### Prompt
Extract the full set of records, then give each one again exactly.

### Available data
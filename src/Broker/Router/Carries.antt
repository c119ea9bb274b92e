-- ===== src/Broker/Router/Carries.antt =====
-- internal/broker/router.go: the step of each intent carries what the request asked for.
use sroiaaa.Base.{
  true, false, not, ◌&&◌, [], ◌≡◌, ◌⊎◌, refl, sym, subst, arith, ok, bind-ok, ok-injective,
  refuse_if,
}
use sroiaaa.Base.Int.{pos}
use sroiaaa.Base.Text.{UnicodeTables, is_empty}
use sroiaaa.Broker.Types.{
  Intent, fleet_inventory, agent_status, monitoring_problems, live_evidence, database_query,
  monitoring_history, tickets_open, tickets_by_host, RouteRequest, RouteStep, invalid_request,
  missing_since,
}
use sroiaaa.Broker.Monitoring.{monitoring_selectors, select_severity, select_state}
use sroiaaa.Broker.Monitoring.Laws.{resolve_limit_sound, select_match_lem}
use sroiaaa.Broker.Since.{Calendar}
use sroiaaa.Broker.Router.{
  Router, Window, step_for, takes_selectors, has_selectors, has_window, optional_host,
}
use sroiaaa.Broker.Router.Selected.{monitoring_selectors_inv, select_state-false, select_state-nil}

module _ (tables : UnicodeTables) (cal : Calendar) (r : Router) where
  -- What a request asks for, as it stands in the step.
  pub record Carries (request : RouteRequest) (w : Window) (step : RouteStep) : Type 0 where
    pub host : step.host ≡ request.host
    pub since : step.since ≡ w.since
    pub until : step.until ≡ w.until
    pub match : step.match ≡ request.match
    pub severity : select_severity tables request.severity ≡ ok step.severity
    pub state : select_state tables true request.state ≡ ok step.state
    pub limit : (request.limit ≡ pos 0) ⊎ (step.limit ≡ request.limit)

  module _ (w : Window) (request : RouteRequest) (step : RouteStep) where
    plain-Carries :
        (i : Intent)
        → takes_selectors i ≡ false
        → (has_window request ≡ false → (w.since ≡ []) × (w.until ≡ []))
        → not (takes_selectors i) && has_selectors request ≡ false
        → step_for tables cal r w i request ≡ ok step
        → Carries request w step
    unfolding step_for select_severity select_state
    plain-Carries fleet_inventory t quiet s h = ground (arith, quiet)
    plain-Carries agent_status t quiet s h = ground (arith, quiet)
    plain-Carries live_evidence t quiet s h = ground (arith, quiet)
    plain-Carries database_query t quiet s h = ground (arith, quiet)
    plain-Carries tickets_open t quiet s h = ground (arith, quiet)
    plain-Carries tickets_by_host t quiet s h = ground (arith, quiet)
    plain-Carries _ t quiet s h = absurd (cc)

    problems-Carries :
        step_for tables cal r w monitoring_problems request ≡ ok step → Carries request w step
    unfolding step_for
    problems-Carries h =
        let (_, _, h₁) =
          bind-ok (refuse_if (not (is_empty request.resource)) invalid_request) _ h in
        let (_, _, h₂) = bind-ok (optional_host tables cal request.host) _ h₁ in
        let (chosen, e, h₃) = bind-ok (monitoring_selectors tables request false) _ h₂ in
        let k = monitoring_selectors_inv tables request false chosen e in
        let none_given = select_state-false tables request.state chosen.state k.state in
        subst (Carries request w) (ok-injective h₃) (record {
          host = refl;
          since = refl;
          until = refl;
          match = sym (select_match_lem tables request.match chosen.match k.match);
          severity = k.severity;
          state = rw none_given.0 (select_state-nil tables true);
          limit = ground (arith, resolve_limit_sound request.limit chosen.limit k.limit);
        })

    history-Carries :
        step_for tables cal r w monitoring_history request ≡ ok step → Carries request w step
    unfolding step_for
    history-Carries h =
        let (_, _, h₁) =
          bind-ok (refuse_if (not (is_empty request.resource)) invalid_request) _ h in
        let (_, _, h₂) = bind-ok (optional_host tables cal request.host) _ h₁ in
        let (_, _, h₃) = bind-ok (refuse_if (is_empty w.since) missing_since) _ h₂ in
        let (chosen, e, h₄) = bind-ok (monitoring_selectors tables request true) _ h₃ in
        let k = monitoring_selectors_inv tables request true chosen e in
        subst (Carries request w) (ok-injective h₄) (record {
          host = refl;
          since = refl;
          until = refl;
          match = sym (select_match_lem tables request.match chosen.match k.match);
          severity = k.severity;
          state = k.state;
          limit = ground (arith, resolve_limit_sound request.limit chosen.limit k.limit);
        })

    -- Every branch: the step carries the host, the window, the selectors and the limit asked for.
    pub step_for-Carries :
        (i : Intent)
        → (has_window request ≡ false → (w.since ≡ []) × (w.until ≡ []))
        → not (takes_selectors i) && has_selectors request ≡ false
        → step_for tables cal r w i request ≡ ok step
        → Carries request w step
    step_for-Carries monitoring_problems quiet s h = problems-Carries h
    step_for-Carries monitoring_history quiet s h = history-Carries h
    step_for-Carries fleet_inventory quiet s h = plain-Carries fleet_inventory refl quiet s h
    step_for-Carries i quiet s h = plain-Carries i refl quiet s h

### Answer area
filename src/Broker/Router/Carries.antt
repository c119ea9bb274b92e
-- ===== src/Broker/Router/Carries.antt =====
-- internal/broker/router.go: the step of each intent carries what the request asked for.
use sroiaaa.Base.{
  true, false, not, ◌&&◌, [], ◌≡◌, ◌⊎◌, refl, sym, subst, arith, ok, bind-ok, ok-injective,
  refuse_if,
}
use sroiaaa.Base.Int.{pos}
use sroiaaa.Base.Text.{UnicodeTables, is_empty}
use sroiaaa.Broker.Types.{
  Intent, fleet_inventory, agent_status, monitoring_problems, live_evidence, database_query,
  monitoring_history, tickets_open, tickets_by_host, RouteRequest, RouteStep, invalid_request,
  missing_since,
}
use sroiaaa.Broker.Monitoring.{monitoring_selectors, select_severity, select_state}
use sroiaaa.Broker.Monitoring.Laws.{resolve_limit_sound, select_match_lem}
use sroiaaa.Broker.Since.{Calendar}
use sroiaaa.Broker.Router.{
  Router, Window, step_for, takes_selectors, has_selectors, has_window, optional_host,
}
use sroiaaa.Broker.Router.Selected.{monitoring_selectors_inv, select_state-false, select_state-nil}

module _ (tables : UnicodeTables) (cal : Calendar) (r : Router) where
  -- What a request asks for, as it stands in the step.
  pub record Carries (request : RouteRequest) (w : Window) (step : RouteStep) : Type 0 where
    pub host : step.host ≡ request.host
    pub since : step.since ≡ w.since
    pub until : step.until ≡ w.until
    pub match : step.match ≡ request.match
    pub severity : select_severity tables request.severity ≡ ok step.severity
    pub state : select_state tables true request.state ≡ ok step.state
    pub limit : (request.limit ≡ pos 0) ⊎ (step.limit ≡ request.limit)

  module _ (w : Window) (request : RouteRequest) (step : RouteStep) where
    plain-Carries :
        (i : Intent)
        → takes_selectors i ≡ false
        → (has_window request ≡ false → (w.since ≡ []) × (w.until ≡ []))
        → not (takes_selectors i) && has_selectors request ≡ false
        → step_for tables cal r w i request ≡ ok step
        → Carries request w step
    unfolding step_for select_severity select_state
    plain-Carries fleet_inventory t quiet s h = ground (arith, quiet)
    plain-Carries agent_status t quiet s h = ground (arith, quiet)
    plain-Carries live_evidence t quiet s h = ground (arith, quiet)
    plain-Carries database_query t quiet s h = ground (arith, quiet)
    plain-Carries tickets_open t quiet s h = ground (arith, quiet)
    plain-Carries tickets_by_host t quiet s h = ground (arith, quiet)
    plain-Carries _ t quiet s h = absurd (cc)

    problems-Carries :
        step_for tables cal r w monitoring_problems request ≡ ok step → Carries request w step
    unfolding step_for
    problems-Carries h =
        let (_, _, h₁) =
          bind-ok (refuse_if (not (is_empty request.resource)) invalid_request) _ h in
        let (_, _, h₂) = bind-ok (optional_host tables cal request.host) _ h₁ in
        let (chosen, e, h₃) = bind-ok (monitoring_selectors tables request false) _ h₂ in
        let k = monitoring_selectors_inv tables request false chosen e in
        let none_given = select_state-false tables request.state chosen.state k.state in
        subst (Carries request w) (ok-injective h₃) (record {
          host = refl;
          since = refl;
          until = refl;
          match = sym (select_match_lem tables request.match chosen.match k.match);
          severity = k.severity;
          state = rw none_given.0 (select_state-nil tables true);
          limit = ground (arith, resolve_limit_sound request.limit chosen.limit k.limit);
        })

    history-Carries :
        step_for tables cal r w monitoring_history request ≡ ok step → Carries request w step
    unfolding step_for
    history-Carries h =
        let (_, _, h₁) =
          bind-ok (refuse_if (not (is_empty request.resource)) invalid_request) _ h in
        let (_, _, h₂) = bind-ok (optional_host tables cal request.host) _ h₁ in
        let (_, _, h₃) = bind-ok (refuse_if (is_empty w.since) missing_since) _ h₂ in
        let (chosen, e, h₄) = bind-ok (monitoring_selectors tables request true) _ h₃ in
        let k = monitoring_selectors_inv tables request true chosen e in
        subst (Carries request w) (ok-injective h₄) (record {
          host = refl;
          since = refl;
          until = refl;
          match = sym (select_match_lem tables request.match chosen.match k.match);
          severity = k.severity;
          state = k.state;
          limit = ground (arith, resolve_limit_sound request.limit chosen.limit k.limit);
        })

    -- Every branch: the step carries the host, the window, the selectors and the limit asked for.
    pub step_for-Carries :
        (i : Intent)
        → (has_window request ≡ false → (w.since ≡ []) × (w.until ≡ []))
        → not (takes_selectors i) && has_selectors request ≡ false
        → step_for tables cal r w i request ≡ ok step
        → Carries request w step
    step_for-Carries monitoring_problems quiet s h = problems-Carries h
    step_for-Carries monitoring_history quiet s h = history-Carries h
    step_for-Carries fleet_inventory quiet s h = plain-Carries fleet_inventory refl quiet s h
    step_for-Carries i quiet s h = plain-Carries i refl quiet s h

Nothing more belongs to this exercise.